FairCoder: Evaluating Social Bias of LLMs in Code Generation
Yongkang Du, Jen-tse Huang, Jieyu Zhao, Lu Lin
TL;DR
FairCoder introduces a dedicated benchmark to evaluate social bias in LLM-generated code across two real-world software engineering tasks: function implementation and unit-test generation. It defines three core fairness metrics and uses a bias-detection scorer plus a code-utility measure to assess outputs from 11 diverse LLMs. Experimental results show that all studied models exhibit social biases, with stronger biases in test-case generation and notable trade-offs between fairness and utility. The work highlights the need for broader attribute coverage and robust bias-mitigation techniques to promote fair and inclusive code-generation systems with real-world impact.
Abstract
Large language models (LLMs) have been widely deployed in coding tasks, drawing increasing attention to the evaluation of the quality and safety of LLMs' outputs. However, research on bias in code generation remains limited.
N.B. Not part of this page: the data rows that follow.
-- ===== src/Rpc.antt =====
-- sdks/cpp/connections/gRPC/include/CallData.h, and the state machine that the controllers of the
-- unary calls under src/controllers share.
--
-- What a controller asks of gRPC and of the service is a list of actions; gRPC calls `proceed` again
-- for each with whether it went well. `S` is the state that the calls share, `R` a call's response.
pub mod Controllers
pub mod Lifecycle
pub mod Slots
pub mod Streams
pub mod Closing
pub mod Streaming
pub mod Commands
pub mod Ending
pub mod Infos
pub mod Objects
pub mod Service
pub mod Pushing
pub mod Pushed
pub mod Sending
use catena.Base.{
  ℕ, Bool, true, false, List, [], ◌∷◌, Option, none, some, if◌then◌else◌, drop, length,
}
use catena.Base.Text.{Text, txt, lookup, starts_with}
use catena.Status.{
  StatusCode, is_ok, internal, unknown, unauthenticated, Outcome, returns, throws, with_status,
  std_exception, null_dereference, ◌>>=◌,
}
use catena.Authorizer.{Authorizer, Claim, authorizer, authz_disabled}

pub data CallStatus : Type 0 where
  create process read write post_write finish : CallStatus

-- What a call of `proceed` asks for: `respond` is the answer of a unary call, `send` a message of a
-- stream, `complete` its end, and `emit_shutdown` the signal that shuts the connections down. `crash` stands for a call through a null pointer.
pub data Action (R : Type 0) : Type 0 where
  request : Action R
  spawn : Bool → Action R
  notify_when_done : Action R
  respond : R → Action R
  respond_error : StatusCode → Action R
  send : R → Action R
  complete : Action R
  emit_shutdown : Action R
  deregister : Action R
  crash : Action R

-- The constructor's state.
unfoldable pub initial_status : Bool → CallStatus
initial_status ok = if ok then create else finish

-- The handlers of exceptions round the body of a call, and the answer.
unfoldable pub answer : {R : Type 0} → Outcome (StatusCode × R) → Action R
answer (returns (rc, r)) = if is_ok rc then respond r else respond_error rc
answer (throws (with_status rc)) = respond_error rc
answer (throws std_exception) = respond_error unknown
answer (throws null_dereference) = crash

module _ {R S : Type 0} (handle : S → Outcome (StatusCode × R) × S) where
  -- `proceed`, with the body of `kProcess` as an argument.
  unfoldable pub proceed : Bool → CallStatus → S → CallStatus × (S × List (Action R))
  unfolding answer
  proceed ok status s = elim (if ok then status else finish) [
    | create ↦ (process, (s, request ∷ []))
    | process ↦
        let (result, s') = handle s in
        (finish, (s', spawn ok ∷ notify_when_done ∷ answer result ∷ []))
    | finish ↦ (finish, (s, deregister ∷ []))
    | _ ↦ (finish, (s, respond_error internal ∷ []))
  ]

-- What a call has from its client: `metadata` is that of the context, `none` a null pointer.
pub record Context : Type 0 where
  pub authorization_enabled : Bool
  pub metadata : Option (List (Text × Text))

-- `jwsToken_`
unfoldable pub jws_token : Context → Outcome Text
jws_token ctx =
    if ctx.authorization_enabled
    then elim ctx.metadata [
      | none ↦ throws (with_status unauthenticated)
      | some meta ↦ elim (lookup (txt "authorization") meta) [
        | none ↦ throws (with_status unauthenticated)
        | some bearer ↦
            if starts_with bearer (txt "Bearer ")
            then returns (drop (length (txt "Bearer ")) bearer)
            else throws (with_status unauthenticated)
      ]
    ]
    else returns []

-- How every controller comes by its authorizer; `decode` is the JWT library's.
unfoldable pub client_authorizer :
    (Text → Option (List (Text × Claim))) → Context → Outcome Authorizer
unfolding jws_token
client_authorizer decode ctx =
    if ctx.authorization_enabled
    then (jws_token ctx >>= λ token. authorizer (decode token))
    else returns authz_disabled
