-- ===== src/Rpc/Controllers.antt =====
-- sdks/cpp/connections/gRPC/src/controllers: GetValue, GetParam, SetValue, MultiSetValue, AddLanguage,
-- LanguagePackRequest, ListLanguages and GetPopulatedSlots. Each is the state machine with its body of
-- `kProcess`; the lock of the device is held for that body, which one step here is.
use catena.Base.{ℕ, Bool, List, [], ◌∷◌, Option, none, some, if◌then◌else◌, ltb, ◌==◌}
use catena.Base.Int.{ℤ, pos, negsuc}
use catena.Base.Text.{Text}
use catena.Status.{
  StatusCode, ok, is_ok, invalid_argument, not_found, Outcome, returns, throws, with_status, ◌>>=◌,
}
use catena.Proto.{ProtoValue}
use catena.Authorizer.{Claim}
use catena.Params.Stored.{to_proto}
use catena.Device.{Device, LanguagePack}
use catena.Device.Lookup.{absent, present, get_param_at}
use catena.Device.Values.{SetValue, get_value, try_multi_set_value, commit_multi_set_value}
use catena.Device.Languages.{AddLanguagePayload, add_language, get_language_pack, list_languages}
use catena.Rpc.{CallStatus, Action, Context, client_authorizer, proceed}

-- `SlotMap`; `none` is a null pointer.
abbrev pub Devices : Type 0
Devices = List (ℕ × Option Device)

unfoldable pub device_at : ℕ → Devices → Option Device
device_at slot [] = none
device_at slot ((i, dm) ∷ dms) = if i == slot then dm else device_at slot dms

-- The device behind the pointer of the slot changes.
unfoldable pub set_device : ℕ → Device → Devices → Devices
set_device slot d [] = []
set_device slot d ((i, dm) ∷ dms) =
    if i == slot then (i, some d) ∷ dms else (i, dm) ∷ set_device slot d dms

-- The check of the slot's range; the slot of a request is an int32.
unfoldable pub checked_slot : ℤ → Outcome ℕ
checked_slot (negsuc n) = throws (with_status invalid_argument)
checked_slot (pos n) = if ltb 65535 n then throws (with_status invalid_argument) else returns n

-- A body that does not change the device, and one that does. `none` is the answer for no device.
abbrev pub reading :
    {R : Type 0}
    → ℤ
    → R
    → (Device → Outcome (StatusCode × R))
    → Devices
    → Outcome (StatusCode × R) × Devices
reading slot blank body dms = elim (checked_slot slot) [
  | throws e ↦ (throws e, dms)
  | returns n ↦ elim (device_at n dms) [
    | none ↦ (returns (not_found, blank), dms)
    | some dm ↦ (body dm, dms)
  ]
]

abbrev pub writing :
    {R : Type 0}
    → ℤ
    → R
    → (Device → Outcome (StatusCode × R) × Device)
    → Devices
    → Outcome (StatusCode × R) × Devices
writing slot blank body dms = elim (checked_slot slot) [
  | throws e ↦ (throws e, dms)
  | returns n ↦ elim (device_at n dms) [
    | none ↦ (returns (not_found, blank), dms)
    | some dm ↦ let (result, dm') = body dm in (result, set_device n dm' dms)
  ]
]

abbrev pub no_answer : List ℕ
no_answer = []

module _ (decode : Text → Option (List (Text × Claim))) (ctx : Context) where
  -- `GetValue`
  unfoldable pub get_value_body :
      ℤ → Text → Devices → Outcome (StatusCode × Option ProtoValue) × Devices
  unfolding device_at checked_slot client_authorizer
  get_value_body slot oid =
      reading slot none
        λ dm. (client_authorizer decode ctx >>= λ authz. returns (get_value dm oid authz))

  unfoldable pub get_value_call :
      ℤ
      → Text
      → Bool
      → CallStatus
      → Devices
      → CallStatus × (Devices × List (Action (Option ProtoValue)))
  unfolding get_value_body
  get_value_call slot oid = proceed (get_value_body slot oid)

  -- `GetParam`: the name and the value of the response.
  unfoldable pub get_param_body :
      ℤ → Text → Devices → Outcome (StatusCode × Option (Text × Option ProtoValue)) × Devices
  unfolding device_at checked_slot client_authorizer
  get_param_body slot oid = reading slot none λ dm.
      (client_authorizer decode ctx >>= λ authz. (elim (get_param_at dm oid authz) [
        | absent rc ↦ returns (rc, none)
        | present t ↦
            let (rc, value) = to_proto t.value t.descriptor authz in
            returns (rc, some (t.descriptor.own.oid, value))
      ]))

  unfoldable pub get_param_call :
      ℤ
      → Text
      → Bool
      → CallStatus
      → Devices
      → CallStatus × (Devices × List (Action (Option (Text × Option ProtoValue))))
  unfolding get_param_body
  get_param_call slot oid = proceed (get_param_body slot oid)

  -- `MultiSetValue`
  unfoldable pub multi_set_value_device :
      List SetValue → Device → Outcome (StatusCode × List ℕ) × Device
  unfolding client_authorizer
  multi_set_value_device vs dm = elim (client_authorizer decode ctx) [
    | throws e ↦ (throws e, dm)
    | returns authz ↦ elim (try_multi_set_value dm vs ok authz) [
      | throws e ↦ (throws e, dm)
      | returns rc ↦
          if is_ok rc
          then (let (result, dm') = commit_multi_set_value dm vs ok authz in
              (result >>= λ final. returns (final, no_answer), dm'))
          else (returns (rc, no_answer), dm)
    ]
  ]

  unfoldable pub multi_set_value_body :
      ℤ → List SetValue → Devices → Outcome (StatusCode × List ℕ) × Devices
  unfolding device_at set_device checked_slot multi_set_value_device
  multi_set_value_body slot vs = writing slot no_answer (multi_set_value_device vs)

  unfoldable pub multi_set_value_call :
      ℤ
      → List SetValue
      → Bool
      → CallStatus
      → Devices
      → CallStatus × (Devices × List (Action (List ℕ)))
  unfolding multi_set_value_body
  multi_set_value_call slot vs = proceed (multi_set_value_body slot vs)

  -- `SetValue`: `toMulti_`, and then the same.
  unfoldable pub set_value_call :
      ℤ → SetValue → Bool → CallStatus → Devices → CallStatus × (Devices × List (Action (List ℕ)))
  unfolding multi_set_value_call
  set_value_call slot v = multi_set_value_call slot (v ∷ [])

  -- `AddLanguage`
  unfoldable pub add_language_body :
      ℤ → AddLanguagePayload → Devices → Outcome (StatusCode × List ℕ) × Devices
  unfolding device_at set_device checked_slot client_authorizer
  add_language_body slot language = writing slot no_answer λ dm.
      (elim (client_authorizer decode ctx) [
        | throws e ↦ (throws e, dm)
        | returns authz ↦
            let (rc, dm') = add_language dm language authz in (returns (rc, no_answer), dm')
      ])

  unfoldable pub add_language_call :
      ℤ
      → AddLanguagePayload
      → Bool
      → CallStatus
      → Devices
      → CallStatus × (Devices × List (Action (List ℕ)))
  unfolding add_language_body
  add_language_call slot language = proceed (add_language_body slot language)

-- `LanguagePackRequest`
unfoldable pub language_pack_body :
    ℤ → Text → Devices → Outcome (StatusCode × Option LanguagePack) × Devices
unfolding device_at checked_slot
language_pack_body slot language = reading slot none λ dm. returns (get_language_pack dm language)

unfoldable pub language_pack_call :
    ℤ
    → Text
    → Bool
    → CallStatus
    → Devices
    → CallStatus × (Devices × List (Action (Option LanguagePack)))
unfolding language_pack_body
language_pack_call slot language = proceed (language_pack_body slot language)

-- `ListLanguages`
unfoldable pub list_languages_body : ℤ → Devices → Outcome (StatusCode × List Text) × Devices
unfolding device_at checked_slot
list_languages_body slot = reading slot [] λ dm. returns (ok, list_languages dm)

unfoldable pub list_languages_call :
    ℤ → Bool → CallStatus → Devices → CallStatus × (Devices × List (Action (List Text)))
unfolding list_languages_body
list_languages_call slot = proceed (list_languages_body slot)

-- `GetPopulatedSlots`
unfoldable pub populated_slots : Devices → List ℕ
populated_slots [] = []
populated_slots ((slot, none) ∷ dms) = populated_slots dms
populated_slots ((slot, some dm) ∷ dms) = slot ∷ populated_slots dms

unfoldable pub get_populated_slots_call :
    Bool → CallStatus → Devices → CallStatus × (Devices × List (Action (List ℕ)))
unfolding populated_slots
get_populated_slots_call = proceed λ dms. (returns (ok, populated_slots dms), dms)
Existing studies typically identify bias by applying malicious prompts or reusing tasks and dataset originally designed for discriminative models. Given that prior datasets are not fully optimized for code-related tasks, there is a pressing need for benchmarks specifically designed for evaluating code models. In this study, we introduce FairCoder, a novel benchmark for evaluating social bias in code generation. FairCoder explores the bias issue following the pipeline in software development, from function implementation to unit test, with diverse real-world scenarios. Additionally, three metrics are designed to assess fairness performance on this benchmark. We conduct experiments on widely used LLMs and provide a comprehensive analysis of the results. The findings reveal that all tested LLMs exhibit social bias.